# [DATA SECTION]
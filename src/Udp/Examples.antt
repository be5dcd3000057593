-- ===== src/Udp/Examples.antt =====
-- A server with a client, and the theorems of the reliable UDP layer on it.
use zero_latency_yolo.Base.{
  ltb, ℕ, ◌+◌, ◌*◌, ◌≡◌, refl, arith, true, false, leb, if◌then◌else◌, List, [], ◌∷◌, none, some,
  length, replicate, length-replicate,
}
use zero_latency_yolo.Base.Table.{lookup, Keys}
use zero_latency_yolo.Protocol.{ClientInfo, server_full, invalid_packet}
use zero_latency_yolo.Protocol.Deserialize.{create_from_buffer, failed}
use zero_latency_yolo.Protocol.Examples.{sample_abi}
use zero_latency_yolo.Udp.{
  ReliableUdpConfig, Address, PacketAckInfo, ClientConnection, is_same_addr,
}
use zero_latency_yolo.Udp.Connection.{update_rtt}
use zero_latency_yolo.Udp.Connection.Rtt.{update_rtt_exact}
use zero_latency_yolo.Udp.Server.{
  ReliableUdpServer, SystemAnswers, bound, Stats, datagram, packet_sent, success, failure,
  client_at, new_server, register_client,
}
use zero_latency_yolo.Udp.Server.Send.{send_packet, taken}
use zero_latency_yolo.Udp.Server.Receive.{ack_bytes, handle_received_packet}
use zero_latency_yolo.Udp.Server.Manage.{handle_retransmissions, manage, retried}
use zero_latency_yolo.Udp.Server.Clients.{register_client_again}
use zero_latency_yolo.Udp.Server.Retransmit.{passes, passes_give_up}
use zero_latency_yolo.Udp.Server.RetransmitAll.{lookup-handle_retransmissions, resent_all}
use zero_latency_yolo.Udp.Server.Acks.{
  lookup-handle_received_packet_ack, create_from_buffer-ack_bytes,
}
use zero_latency_yolo.Udp.Server.Sending.{lookup-send_packet, send_packet_unsent}
use zero_latency_yolo.Udp.Server.Invariant.{IsServer}
use zero_latency_yolo.Udp.Server.History.{
  Call, calls, initializes, starts, registers, sends, receives, manages, removes, stops,
  calls-IsServer,
}

-- The default configuration, for at most two clients.
abbrev pub sample_config : ReliableUdpConfig
sample_config = record {
  timeout_ms = 5000;
  max_retries = 5;
  max_clients = 2;
  use_packet_aggregation = true;
  aggregation_time_ms = 10;
  max_aggregation_size = 8192;
  congestion_control_enabled = true;
}

abbrev pub peer : Address
peer = record { host = 2130706433; port = 7788 }

abbrev sample_info : ClientInfo
sample_info = record {
  client_id = 0;
  protocol_version = 1;
  screen_width = 1920;
  screen_height = 1080;
  game_id = 1;
  padding = 0;
}

abbrev waiting : PacketAckInfo
waiting = record { sequence = 4; timestamp = 90000; retries = 4; content = 1 ∷ 2 ∷ [] }

abbrev pub sample_client : ClientConnection
sample_client = record {
  client_id = 1;
  address = peer;
  last_active_time = 89000;
  last_frame_processed = 0;
  info = sample_info;
  connected = true;
  next_send_sequence = 5;
  next_expected_sequence = 1;
  unacked_packets = (4, waiting) ∷ [];
  out_of_order_packets = [];
  congestion_window = 9;
  slow_start_threshold = 64;
  last_rtt_ms = 120;
  smoothed_rtt_ms = 100;
  rtt_variation_ms = 20;
  retransmission_timeout_ms = 200;
}

abbrev sample_stats : Stats
sample_stats = record {
  packets_sent = 0;
  packets_received = 0;
  bytes_sent = 0;
  bytes_received = 0;
  packets_retransmitted = 0;
  packets_dropped = 0;
}

abbrev pub sample_server : ReliableUdpServer
sample_server = record {
  config = sample_config;
  socket_open = true;
  running = true;
  clients = (1, sample_client) ∷ [];
  next_client_id = 2;
  aggregated_packets = [];
  next_aggregation_id = 1;
  has_handler = false;
  stats = sample_stats;
}

sample_Keys : Keys sample_server.clients
sample_Keys = (tt, tt)

waiting_Keys : Keys sample_client.unacked_packets
waiting_Keys = (tt, tt)

at_one : lookup 1 sample_server.clients ≡ some sample_client
unfolding lookup
at_one = refl

at_four : lookup 4 sample_client.unacked_packets ≡ some waiting
unfolding lookup
at_four = refl

at_peer : client_at peer sample_server.clients ≡ some (1, sample_client)
unfolding client_at is_same_addr
at_peer = refl

update_rtt_exact_example :
    let c' = update_rtt sample_client 180 in
    let sum = c'.smoothed_rtt_ms + 4 * c'.rtt_variation_ms in
    (c'.smoothed_rtt_ms ≡ 110)
    × (c'.rtt_variation_ms ≡ 35)
    × (c'.retransmission_timeout_ms
        ≡ (if ltb sum 200 then 200 else if ltb 10000 sum then 10000 else sum))
update_rtt_exact_example =
    update_rtt_exact sample_client 180 (omega arith) (omega arith) (omega arith)

registered : (register_client sample_server peer sample_info 90000).1 ≡ success 1
unfolding register_client client_at is_same_addr
registered = refl

register_client_again_example :
    let s' = (register_client sample_server peer sample_info 90000).0 in
    (register_client s' peer sample_info 90001).1
    ≡ (if leb s'.config.max_clients (length s'.clients) then failure server_full else success 1)
register_client_again_example =
    register_client_again sample_server peer sample_info sample_info 90000 90001 1 sample_Keys
      registered

lookup-handle_retransmissions_example :
    (c' : ClientConnection) × (lookup 1 (handle_retransmissions sample_server 90201).0.clients
      ≡ some c')
    × (lookup 4 c'.unacked_packets ≡ some (retried waiting 90201))
    × ((handle_retransmissions sample_server 90201).1
        ≡ resent_all sample_config 90201 sample_server.clients)
unfolding lookup retried
lookup-handle_retransmissions_example =
    lookup-handle_retransmissions sample_server 90201 1 4 sample_client at_one waiting_Keys

passes_give_up_example :
    lookup 4
      (passes sample_config (90201 ∷ 90402 ∷ []) sample_client sample_stats []).unacked_packets
    ≡ none
passes_give_up_example =
    passes_give_up sample_config 4 (90201 ∷ 90402 ∷ []) sample_client sample_stats [] waiting
      (omega arith) (omega arith) waiting_Keys at_four (omega arith, (omega arith, tt))
      (omega arith)

lookup-handle_received_packet_ack_example :
    (c' : ClientConnection) × (lookup 1
        (handle_received_packet sample_abi sample_server
          (ack_bytes sample_abi 4 90050)
          peer
          90100).0.clients
      ≡ some c')
    × (lookup 4 c'.unacked_packets ≡ none)
lookup-handle_received_packet_ack_example =
    lookup-handle_received_packet_ack sample_abi sample_server 4 90050 peer 90100 1 sample_client 4
      (omega arith) (omega arith) at_peer (omega arith) waiting_Keys

create_from_buffer-ack_bytes_example :
    (create_from_buffer sample_abi 1 90100 (ack_bytes sample_abi 4 90050)).0 ≡ failed invalid_packet
create_from_buffer-ack_bytes_example =
    create_from_buffer-ack_bytes sample_abi 1 90100 4 90050 (omega arith) (omega arith)

-- 1024 bytes, which are not aggregated.
large : List ℕ
large = replicate 1024 7

length-large : length large ≡ 1024
unfolding large
length-large = length-replicate {A = ℕ} 1024 7

lookup-send_packet_example :
    let (s', result, effects) =
      send_packet sample_server large peer true 90100 (taken (length large)) in
    (result ≡ success tt)
    × (effects ≡ datagram peer large ∷ packet_sent ∷ [])
    × (c' : ClientConnection) × (lookup 1 s'.clients ≡ some c')
    × (lookup 5 c'.unacked_packets
        ≡ some (record { sequence = 5; timestamp = 90100; retries = 0; content = large }))
lookup-send_packet_example =
    lookup-send_packet sample_server large peer 90100 1 sample_client 5 refl refl
      (omega (arith, length-large)) (omega (arith, length-large)) (ground (arith, length-large))
      at_peer (omega arith)

send_packet_unsent_example :
    let (s', status, effects) = send_packet sample_server (1 ∷ 2 ∷ []) peer true 90100 (taken 2) in
    (status ≡ success tt)
    × (effects ≡ [])
    × (s'.clients ≡ sample_server.clients)
    × ((manage s' 90200).1 ≡ (manage (record s' { aggregated_packets = [] }) 90200).1)
send_packet_unsent_example =
    send_packet_unsent sample_server (1 ∷ 2 ∷ []) peer 90100 90200 (taken 2) refl refl refl
      (omega arith) (omega arith)

abbrev sample_answers : SystemAnswers
sample_answers = record {
  socket_made = true;
  flags_read = true;
  flags_set = true;
  reuse_set = true;
  first_bind = bound;
  socket_made_again = true;
  bound_again = true;
}

abbrev sample_calls : List Call
sample_calls =
    initializes sample_answers
    ∷ starts
    ∷ registers peer sample_info 100
    ∷ sends (1 ∷ 2 ∷ []) peer true 200 (taken 2)
    ∷ receives (ack_bytes sample_abi 1 250) peer 300
    ∷ manages 400
    ∷ removes 1
    ∷ stops
    ∷ []

calls-IsServer_example : IsServer (calls sample_abi (new_server sample_config) sample_calls)
calls-IsServer_example = calls-IsServer sample_abi sample_config sample_calls (omega arith)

# [TASK]
Only the number is wanted: how many lines in the entries above include the word "retried"?

# [WRITTEN ANSWER]
3